Párrafo aparte y en mayúsculas amerita mencionar la profunda y gran amistad de Ricardo y José Luis González Martínez, mi esposo. No creo exagerar si digo que se querían como hermanos. Se propusieron escribir un libro juntos y lo lograron. Así fue que escribieron, a cuatro manos, Los combates por la identidad. Resistencia cultural afroperuana (México, Ediciones Dabar, 2007). ¡Y cómo se divirtieron en el proceso! Ricardo nos llamaba por teléfono cuando quería saber cómo iban las tareas que se habían encargado, y me decía siempre: ¡Pásame con el verdugo! Los vi reírse y divertirse muchísimo, tanto que no parecía que estuvieran escribiendo un libro.

A Ricardo le quedó tiempo para preocuparse por la salud de José Luis. Ya he mencionado que sólo me puedo imaginar que pudiera hacerlo porque sus horas eran diferentes a las nuestras y duraban más. Porque cuando en sus investigaciones médicas encontraba algo que le podía ayudar a José Luis, me llamaba y, a paso de polka, me mandaba a conseguir el remedio y dárselo, con dosis y todo. Y si yo no sabía dónde conseguirlo se encargaba de que lo hiciera a toda costa.

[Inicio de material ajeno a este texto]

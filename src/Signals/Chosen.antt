-- ===== src/Signals/Chosen.antt =====
-- Which trades a management signal is for (src/app/domains/copy_trading/workers.py).
use signalsync_be.Base.{
  ℕ, ◌≤◌, ◌≡◌, refl, ap, ◌↔◌, ◌⊎◌, inl, inr, Bool, true, Option, some, List, [], ◌∷◌, map, leb,
  ◌==◌, ==_iff, IsIn, All, select, IsIn-select, Bool-cases, leb→le, arith,
}
use signalsync_be.Base.Text.{Text}
use signalsync_be.Engine.{SignalAction}
use signalsync_be.Signals.{
  CopiedTrade, manages, insert_by_age, oldest_first, is_meant, management_intent_targets,
}
use signalsync_be.Signals.Meant.{IsTarget, is_meant_iff}

-- No trade is younger than one after it.
abbrev pub IsByAge : List CopiedTrade → Type 0
IsByAge [] = Unit
IsByAge (trade ∷ trades) = All (λ t. trade.created_at ≤ t.created_at) trades × IsByAge trades

All-insert_by_age :
    (P : CopiedTrade → Type 0) (trade : CopiedTrade) (trades : List CopiedTrade)
    → P trade
    → All P trades
    → All P (insert_by_age trade trades)
unfolding insert_by_age
All-insert_by_age P trade [] p h = (p, tt)
All-insert_by_age P trade (t ∷ trades) p h = elim (Bool-cases (leb trade.created_at t.created_at)) [
  | inl e ↦ rw e (p, h)
  | inr e ↦ rw e (h.0, All-insert_by_age P trade trades p h.1)
]

older-All :
    (m n : ℕ) (trades : List CopiedTrade)
    → m ≤ n
    → All (λ t. n ≤ t.created_at) trades
    → All (λ t. m ≤ t.created_at) trades
older-All m n [] h k = tt
older-All m n (t ∷ trades) h k = (omega (arith, k.0), older-All m n trades h k.1)

insert_by_age-IsByAge :
    (trade : CopiedTrade) (trades : List CopiedTrade)
    → IsByAge trades
    → IsByAge (insert_by_age trade trades)
unfolding insert_by_age
insert_by_age-IsByAge trade [] h = (tt, tt)
insert_by_age-IsByAge trade (t ∷ trades) h = elim (Bool-cases (leb trade.created_at t.created_at)) [
  | inl e ↦
      let order = leb→le trade.created_at t.created_at e in
      rw e ((order, older-All trade.created_at t.created_at trades order h.0), h)
  | inr e ↦ rw e (
    All-insert_by_age (λ u. t.created_at ≤ u.created_at) trade trades (ground (arith, e)) h.0,
    insert_by_age-IsByAge trade trades h.1,
  )
]

oldest_first-IsByAge : (trades : List CopiedTrade) → IsByAge (oldest_first trades)
unfolding oldest_first
oldest_first-IsByAge [] = tt
oldest_first-IsByAge (trade ∷ trades) =
    insert_by_age-IsByAge trade (oldest_first trades) (oldest_first-IsByAge trades)

IsIn-insert_by_age :
    (trade : CopiedTrade) (trades : List CopiedTrade) (a : CopiedTrade)
    → IsIn a (insert_by_age trade trades) ↔ ((a ≡ trade) ⊎ IsIn a trades)
unfolding insert_by_age
IsIn-insert_by_age trade [] a = ((λ h. h), (λ h. h))
IsIn-insert_by_age trade (t ∷ trades) a = elim (Bool-cases (leb trade.created_at t.created_at)) [
  | inl e ↦ rw e ((λ h. h), (λ h. h))
  | inr e ↦ rw e (
      let ih = IsIn-insert_by_age trade trades a in
      (
        (λ h. elim h [
          | inl p ↦ inr (inl p)
          | inr q ↦ elim (ih.0 q) [ inl p ↦ inl p | inr r ↦ inr (inr r) ]
        ]),
        (λ h. elim h [
          | inl p ↦ inr (ih.1 (inl p))
          | inr q ↦ elim q [ inl p ↦ inl p | inr r ↦ inr (ih.1 (inr r)) ]
        ]),
      ))
]

IsIn-oldest_first :
    (trades : List CopiedTrade) (a : CopiedTrade) → IsIn a (oldest_first trades) ↔ IsIn a trades
unfolding oldest_first
IsIn-oldest_first [] a = ((λ h. h), (λ h. h))
IsIn-oldest_first (trade ∷ trades) a =
    let ih = IsIn-oldest_first trades a in
    let step = IsIn-insert_by_age trade (oldest_first trades) a in
    (
      (λ h. elim (step.0 h) [ inl p ↦ inl p | inr q ↦ inr (ih.0 q) ]),
      (λ h. elim h [ inl p ↦ step.1 (inl p) | inr q ↦ step.1 (inr (ih.1 q)) ]),
    )

IsIn-kept :
    (test : CopiedTrade → Bool) (trades : List CopiedTrade) {a : CopiedTrade}
    → IsIn a trades
    → test a ≡ true
    → IsIn a (select test trades)
IsIn-kept test [] h t = absurd h
IsIn-kept test (x ∷ xs) h t = elim (Bool-cases (test x)) [
  | inl e ↦ rw e (elim h [ inl p ↦ inl p | inr q ↦ inr (IsIn-kept test xs q t) ])
  | inr e ↦ rw e (elim h [ inl p ↦ absurd (cc (ap test p, t, e)) | inr q ↦ IsIn-kept test xs q t ])
]

-- A management signal is turned into intents for exactly the copied trades of the route that it
-- means, none of another route, and the oldest first: with a symbol, a full close means those of a
-- symbol whose normal form extends that of the given one or is extended by it; any other management,
-- or a full close without a symbol, means those of its thread.
pub management_intent_targets-exact :
    (action : SignalAction) (trades : List CopiedTrade) (route_id thread_id : ℕ)
    (symbol : Option Text)
    → manages action ≡ true
    → (targets : List CopiedTrade) × (management_intent_targets action trades route_id thread_id
          symbol
        ≡ map (λ trade. some trade) targets)
      × IsByAge targets
      × ((trade : CopiedTrade)
          → IsIn trade targets
            ↔ (IsIn trade trades × IsTarget action route_id thread_id symbol trade))
unfolding management_intent_targets
management_intent_targets-exact action trades route_id thread_id symbol managing = (
  oldest_first chosen,
  rw managing refl,
  oldest_first-IsByAge chosen,
  λ trade.
      let age = IsIn-oldest_first chosen trade in
      (
        (λ h.
            let (of_route, meant) =
              IsIn-select (is_meant action thread_id symbol) route_trades (age.0 h) in
            let (there, same) = IsIn-select (λ t. t.route_id == route_id) trades of_route in
            (
              there,
              (
                (==_iff trade.route_id route_id).0 same,
                (is_meant_iff thread_id trade action symbol).0 meant,
              ),
            )),
        (λ (there, (own, meant)). age.1 (
            IsIn-kept (is_meant action thread_id symbol) route_trades
              (IsIn-kept (λ t. t.route_id == route_id) trades there
                ((==_iff trade.route_id route_id).1 own))
              ((is_meant_iff thread_id trade action symbol).1 meant))),
      ),
)
  where
    route_trades : List CopiedTrade
    route_trades = select (λ t. t.route_id == route_id) trades

    chosen : List CopiedTrade
    chosen = select (is_meant action thread_id symbol) route_trades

Por último, permítanme compartir con ustedes, queridos amigos de Ricardo, parte del último mensaje escrito que me mandó:

“Querida Techi: El coronavirus se fue, no sus secuelas crónicas y ascendentes. Es cosa de risa la adversidad, así la tomo, así debe tomarse. Mirar la otra cara de la Luna. … y me río porque recuerdo ese cuento maravilloso de Julio Cortázar, “Viaje a la semilla”. Y me vuelvo a reír. Me hizo reflexionar mucho un relato de Flores Magón acerca de la muerte en que invita a dibujarla de manera hedonista y seductora. La muerte no es el final del túnel, no es el límite, es tan solo un umbral para lo que de energía leguemos. Eso pienso y me vuelvo a reír. La versión de Alfredo Torero sobre la muerte preparada lúdicamente por Arguedas en clave andina es bien interesante. Lo que no he podido procesar, porque mi anclaje cultural limeño es muy pegajoso, es pensar en la música o en el baile como lo hacen nuestros afrodescendientes. Hilda se despidió desde antes de partir escuchando y compartiendo “Gracias a la vida”, y así la velamos y así se fue. Cosa de risa la vida, cosa de risa la enfermedad y los achaques, cosa de risa la muerte”.